### Source data ###

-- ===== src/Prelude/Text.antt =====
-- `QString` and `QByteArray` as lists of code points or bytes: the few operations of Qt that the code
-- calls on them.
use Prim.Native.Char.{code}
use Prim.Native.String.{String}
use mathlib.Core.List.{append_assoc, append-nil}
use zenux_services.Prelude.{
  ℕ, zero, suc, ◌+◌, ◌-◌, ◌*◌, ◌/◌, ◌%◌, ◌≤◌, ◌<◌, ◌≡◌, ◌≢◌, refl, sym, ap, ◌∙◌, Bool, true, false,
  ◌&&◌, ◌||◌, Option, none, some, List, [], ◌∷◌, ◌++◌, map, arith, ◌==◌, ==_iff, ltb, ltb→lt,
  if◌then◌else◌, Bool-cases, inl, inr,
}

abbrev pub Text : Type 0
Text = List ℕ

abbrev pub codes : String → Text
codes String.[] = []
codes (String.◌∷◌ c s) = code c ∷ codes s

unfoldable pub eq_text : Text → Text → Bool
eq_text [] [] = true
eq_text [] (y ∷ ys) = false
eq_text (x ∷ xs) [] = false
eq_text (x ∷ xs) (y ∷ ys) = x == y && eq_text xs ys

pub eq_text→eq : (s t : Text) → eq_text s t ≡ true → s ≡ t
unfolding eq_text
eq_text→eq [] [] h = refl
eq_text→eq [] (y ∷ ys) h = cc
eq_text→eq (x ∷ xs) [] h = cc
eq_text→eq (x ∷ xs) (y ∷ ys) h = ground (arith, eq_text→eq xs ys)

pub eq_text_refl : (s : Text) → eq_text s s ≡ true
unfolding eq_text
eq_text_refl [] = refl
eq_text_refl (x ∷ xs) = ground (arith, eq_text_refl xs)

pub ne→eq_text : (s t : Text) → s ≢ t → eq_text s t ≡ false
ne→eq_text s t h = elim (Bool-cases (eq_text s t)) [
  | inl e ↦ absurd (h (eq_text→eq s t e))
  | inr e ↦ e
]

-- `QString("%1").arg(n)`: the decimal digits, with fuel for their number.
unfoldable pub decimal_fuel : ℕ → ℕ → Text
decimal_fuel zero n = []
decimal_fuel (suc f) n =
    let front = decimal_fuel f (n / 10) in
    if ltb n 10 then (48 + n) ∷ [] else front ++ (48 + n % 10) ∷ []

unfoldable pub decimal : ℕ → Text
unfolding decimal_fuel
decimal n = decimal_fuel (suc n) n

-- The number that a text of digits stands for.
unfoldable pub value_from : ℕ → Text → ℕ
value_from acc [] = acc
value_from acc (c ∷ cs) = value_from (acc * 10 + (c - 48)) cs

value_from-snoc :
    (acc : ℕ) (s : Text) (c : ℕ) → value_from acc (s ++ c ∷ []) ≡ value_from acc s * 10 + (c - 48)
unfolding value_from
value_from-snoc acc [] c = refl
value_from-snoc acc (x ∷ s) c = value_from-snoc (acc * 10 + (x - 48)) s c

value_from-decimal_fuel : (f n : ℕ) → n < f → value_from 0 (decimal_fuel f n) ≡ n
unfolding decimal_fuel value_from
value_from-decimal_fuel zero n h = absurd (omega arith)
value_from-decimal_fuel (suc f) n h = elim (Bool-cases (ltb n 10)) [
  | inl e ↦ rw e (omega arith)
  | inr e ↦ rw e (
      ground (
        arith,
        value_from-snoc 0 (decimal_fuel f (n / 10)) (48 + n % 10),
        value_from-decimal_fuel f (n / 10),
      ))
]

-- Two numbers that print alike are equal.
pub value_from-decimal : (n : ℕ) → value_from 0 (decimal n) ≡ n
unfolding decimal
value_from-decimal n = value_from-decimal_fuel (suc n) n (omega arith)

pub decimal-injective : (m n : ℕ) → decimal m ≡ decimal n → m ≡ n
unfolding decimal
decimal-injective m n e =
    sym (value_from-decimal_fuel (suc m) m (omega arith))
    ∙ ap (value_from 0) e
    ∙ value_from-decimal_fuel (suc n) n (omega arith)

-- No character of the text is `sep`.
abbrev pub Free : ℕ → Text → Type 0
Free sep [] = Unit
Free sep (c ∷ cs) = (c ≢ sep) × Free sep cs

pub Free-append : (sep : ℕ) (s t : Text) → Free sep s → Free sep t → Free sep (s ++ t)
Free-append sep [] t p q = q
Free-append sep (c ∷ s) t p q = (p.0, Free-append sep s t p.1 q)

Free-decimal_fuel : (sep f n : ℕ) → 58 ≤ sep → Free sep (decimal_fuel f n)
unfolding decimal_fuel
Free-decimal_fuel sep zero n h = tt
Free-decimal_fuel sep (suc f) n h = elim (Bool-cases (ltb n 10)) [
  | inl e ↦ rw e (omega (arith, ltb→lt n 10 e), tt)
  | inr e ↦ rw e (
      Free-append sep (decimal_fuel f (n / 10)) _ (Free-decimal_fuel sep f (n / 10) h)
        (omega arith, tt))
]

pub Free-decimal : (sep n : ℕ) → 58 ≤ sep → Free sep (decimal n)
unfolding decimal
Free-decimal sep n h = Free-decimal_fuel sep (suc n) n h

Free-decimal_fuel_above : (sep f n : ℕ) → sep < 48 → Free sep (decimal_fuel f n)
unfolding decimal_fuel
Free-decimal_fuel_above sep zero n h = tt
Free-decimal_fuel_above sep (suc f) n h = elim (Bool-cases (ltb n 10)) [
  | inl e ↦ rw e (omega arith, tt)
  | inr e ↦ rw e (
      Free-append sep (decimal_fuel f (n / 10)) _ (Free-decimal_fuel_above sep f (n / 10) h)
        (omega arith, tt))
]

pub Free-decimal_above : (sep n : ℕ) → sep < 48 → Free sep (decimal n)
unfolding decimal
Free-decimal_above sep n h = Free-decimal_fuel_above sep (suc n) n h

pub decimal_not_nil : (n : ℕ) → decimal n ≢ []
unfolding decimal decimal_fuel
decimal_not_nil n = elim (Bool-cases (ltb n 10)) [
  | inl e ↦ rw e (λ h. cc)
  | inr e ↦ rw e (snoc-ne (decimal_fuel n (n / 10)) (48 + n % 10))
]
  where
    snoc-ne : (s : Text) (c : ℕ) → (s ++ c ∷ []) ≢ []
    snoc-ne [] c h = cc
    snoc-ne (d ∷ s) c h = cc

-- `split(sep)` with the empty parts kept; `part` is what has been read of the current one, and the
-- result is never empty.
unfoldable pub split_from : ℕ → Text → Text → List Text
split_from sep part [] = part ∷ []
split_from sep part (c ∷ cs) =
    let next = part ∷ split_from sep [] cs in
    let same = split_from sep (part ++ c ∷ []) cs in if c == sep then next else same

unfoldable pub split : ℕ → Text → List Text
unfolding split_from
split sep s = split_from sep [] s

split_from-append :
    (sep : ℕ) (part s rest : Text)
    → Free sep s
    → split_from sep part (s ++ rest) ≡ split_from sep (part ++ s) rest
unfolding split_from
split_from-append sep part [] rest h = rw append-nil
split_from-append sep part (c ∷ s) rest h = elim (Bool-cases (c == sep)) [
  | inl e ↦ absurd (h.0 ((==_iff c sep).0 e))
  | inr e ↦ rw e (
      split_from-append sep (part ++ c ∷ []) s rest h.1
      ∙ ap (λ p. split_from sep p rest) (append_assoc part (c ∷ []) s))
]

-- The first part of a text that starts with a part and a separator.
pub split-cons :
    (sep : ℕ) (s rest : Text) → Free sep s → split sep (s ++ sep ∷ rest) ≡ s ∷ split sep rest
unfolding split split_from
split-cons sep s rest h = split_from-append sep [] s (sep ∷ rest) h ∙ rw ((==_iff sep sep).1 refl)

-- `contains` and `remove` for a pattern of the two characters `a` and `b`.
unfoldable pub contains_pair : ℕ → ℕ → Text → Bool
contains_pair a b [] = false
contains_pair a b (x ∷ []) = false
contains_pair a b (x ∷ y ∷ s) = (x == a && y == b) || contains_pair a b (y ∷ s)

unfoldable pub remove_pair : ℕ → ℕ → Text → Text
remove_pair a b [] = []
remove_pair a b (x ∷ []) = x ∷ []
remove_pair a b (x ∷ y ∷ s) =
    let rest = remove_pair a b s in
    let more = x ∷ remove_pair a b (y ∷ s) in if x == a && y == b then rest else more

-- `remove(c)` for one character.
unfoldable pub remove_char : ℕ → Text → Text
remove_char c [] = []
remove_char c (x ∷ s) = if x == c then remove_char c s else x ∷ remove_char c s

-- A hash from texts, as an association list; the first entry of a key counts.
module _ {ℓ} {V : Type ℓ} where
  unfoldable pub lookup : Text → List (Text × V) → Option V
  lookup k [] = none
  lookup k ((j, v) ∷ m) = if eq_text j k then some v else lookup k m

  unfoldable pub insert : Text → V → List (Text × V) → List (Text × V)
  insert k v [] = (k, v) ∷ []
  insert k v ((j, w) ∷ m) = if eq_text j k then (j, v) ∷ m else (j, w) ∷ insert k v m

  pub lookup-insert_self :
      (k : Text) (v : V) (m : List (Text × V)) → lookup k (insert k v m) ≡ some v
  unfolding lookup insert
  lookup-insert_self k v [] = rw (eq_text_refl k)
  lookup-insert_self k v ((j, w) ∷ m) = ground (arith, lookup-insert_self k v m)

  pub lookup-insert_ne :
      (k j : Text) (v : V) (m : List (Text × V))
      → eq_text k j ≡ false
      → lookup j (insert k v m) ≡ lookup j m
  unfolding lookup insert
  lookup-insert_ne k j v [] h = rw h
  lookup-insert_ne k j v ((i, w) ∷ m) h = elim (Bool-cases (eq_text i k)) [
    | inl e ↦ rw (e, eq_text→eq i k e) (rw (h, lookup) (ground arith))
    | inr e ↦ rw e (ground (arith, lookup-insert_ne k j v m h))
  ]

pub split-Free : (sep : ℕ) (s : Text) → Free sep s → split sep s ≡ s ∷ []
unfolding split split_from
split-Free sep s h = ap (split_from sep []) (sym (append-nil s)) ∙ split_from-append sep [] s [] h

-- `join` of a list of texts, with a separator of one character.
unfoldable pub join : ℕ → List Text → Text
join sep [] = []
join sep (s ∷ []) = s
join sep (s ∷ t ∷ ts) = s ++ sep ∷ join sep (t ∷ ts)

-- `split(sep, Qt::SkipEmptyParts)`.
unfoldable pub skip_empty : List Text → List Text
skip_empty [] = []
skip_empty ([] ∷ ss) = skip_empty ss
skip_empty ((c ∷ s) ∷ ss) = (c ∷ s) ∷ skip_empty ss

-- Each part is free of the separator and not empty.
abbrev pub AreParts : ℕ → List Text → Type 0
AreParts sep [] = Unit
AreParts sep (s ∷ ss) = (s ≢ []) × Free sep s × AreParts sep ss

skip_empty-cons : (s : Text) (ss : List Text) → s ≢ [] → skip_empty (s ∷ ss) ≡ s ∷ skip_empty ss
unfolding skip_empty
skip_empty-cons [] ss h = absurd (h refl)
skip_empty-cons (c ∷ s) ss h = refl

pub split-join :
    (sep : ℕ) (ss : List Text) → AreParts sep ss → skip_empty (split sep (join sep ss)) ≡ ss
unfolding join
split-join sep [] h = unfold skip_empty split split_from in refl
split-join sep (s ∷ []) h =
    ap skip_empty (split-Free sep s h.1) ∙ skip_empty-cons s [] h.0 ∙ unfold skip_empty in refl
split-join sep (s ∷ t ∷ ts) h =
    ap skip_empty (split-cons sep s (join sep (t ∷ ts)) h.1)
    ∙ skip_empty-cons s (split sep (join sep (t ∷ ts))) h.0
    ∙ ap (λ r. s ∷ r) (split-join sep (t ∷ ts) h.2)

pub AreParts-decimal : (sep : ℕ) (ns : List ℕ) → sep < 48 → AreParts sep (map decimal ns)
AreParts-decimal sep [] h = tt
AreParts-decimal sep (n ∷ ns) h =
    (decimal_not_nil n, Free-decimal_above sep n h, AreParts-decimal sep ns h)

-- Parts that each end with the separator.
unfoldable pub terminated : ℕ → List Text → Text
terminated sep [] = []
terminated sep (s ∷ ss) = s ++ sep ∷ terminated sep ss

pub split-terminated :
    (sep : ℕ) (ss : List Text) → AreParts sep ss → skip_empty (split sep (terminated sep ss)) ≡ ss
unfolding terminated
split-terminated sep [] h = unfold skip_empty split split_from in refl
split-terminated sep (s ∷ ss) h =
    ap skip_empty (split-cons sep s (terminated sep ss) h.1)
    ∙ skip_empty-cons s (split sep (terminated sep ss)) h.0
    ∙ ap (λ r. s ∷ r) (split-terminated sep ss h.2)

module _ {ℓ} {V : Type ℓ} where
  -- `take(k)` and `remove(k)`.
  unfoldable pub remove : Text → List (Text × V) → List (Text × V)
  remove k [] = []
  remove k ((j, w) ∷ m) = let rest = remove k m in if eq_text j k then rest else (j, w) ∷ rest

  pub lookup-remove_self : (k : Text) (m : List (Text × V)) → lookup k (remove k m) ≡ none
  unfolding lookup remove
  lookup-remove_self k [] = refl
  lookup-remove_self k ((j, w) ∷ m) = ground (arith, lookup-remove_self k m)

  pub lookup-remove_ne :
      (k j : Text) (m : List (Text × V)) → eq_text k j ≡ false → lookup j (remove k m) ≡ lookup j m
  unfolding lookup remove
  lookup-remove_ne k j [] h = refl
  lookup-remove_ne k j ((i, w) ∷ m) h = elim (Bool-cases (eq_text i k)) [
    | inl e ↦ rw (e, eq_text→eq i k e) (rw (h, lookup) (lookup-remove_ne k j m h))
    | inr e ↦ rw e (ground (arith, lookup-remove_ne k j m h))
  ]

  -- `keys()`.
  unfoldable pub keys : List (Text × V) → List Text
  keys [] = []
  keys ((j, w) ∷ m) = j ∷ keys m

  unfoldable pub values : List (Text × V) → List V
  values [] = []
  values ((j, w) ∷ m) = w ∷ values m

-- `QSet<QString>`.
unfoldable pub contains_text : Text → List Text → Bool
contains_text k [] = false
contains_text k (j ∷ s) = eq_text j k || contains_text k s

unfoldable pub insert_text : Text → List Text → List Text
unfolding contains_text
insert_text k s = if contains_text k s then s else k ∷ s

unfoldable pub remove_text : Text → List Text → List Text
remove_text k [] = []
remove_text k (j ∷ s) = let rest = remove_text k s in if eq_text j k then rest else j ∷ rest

###

### Exercise aim
Check each line above for the string "elim" and copy those that have it.

### Task response
ne→eq_text s t h = elim (Bool-cases (eq_text s t)) [
value_from-decimal_fuel (suc f) n h = elim (Bool-cases (ltb n 10)) [
Free-decimal_fuel sep (suc f) n h = elim (Bool-cases (ltb n 10)) [
Free-decimal_fuel_above sep (suc f) n h = elim (Bool-cases (ltb n 10)) [
decimal_not_nil n = elim (Bool-cases (ltb n 10)) [
split_from-append sep part (c ∷ s) rest h = elim (Bool-cases (c == sep)) [
  lookup-insert_ne k j v ((i, w) ∷ m) h = elim (Bool-cases (eq_text i k)) [
  lookup-remove_ne k j ((i, w) ∷ m) h = elim (Bool-cases (eq_text i k)) [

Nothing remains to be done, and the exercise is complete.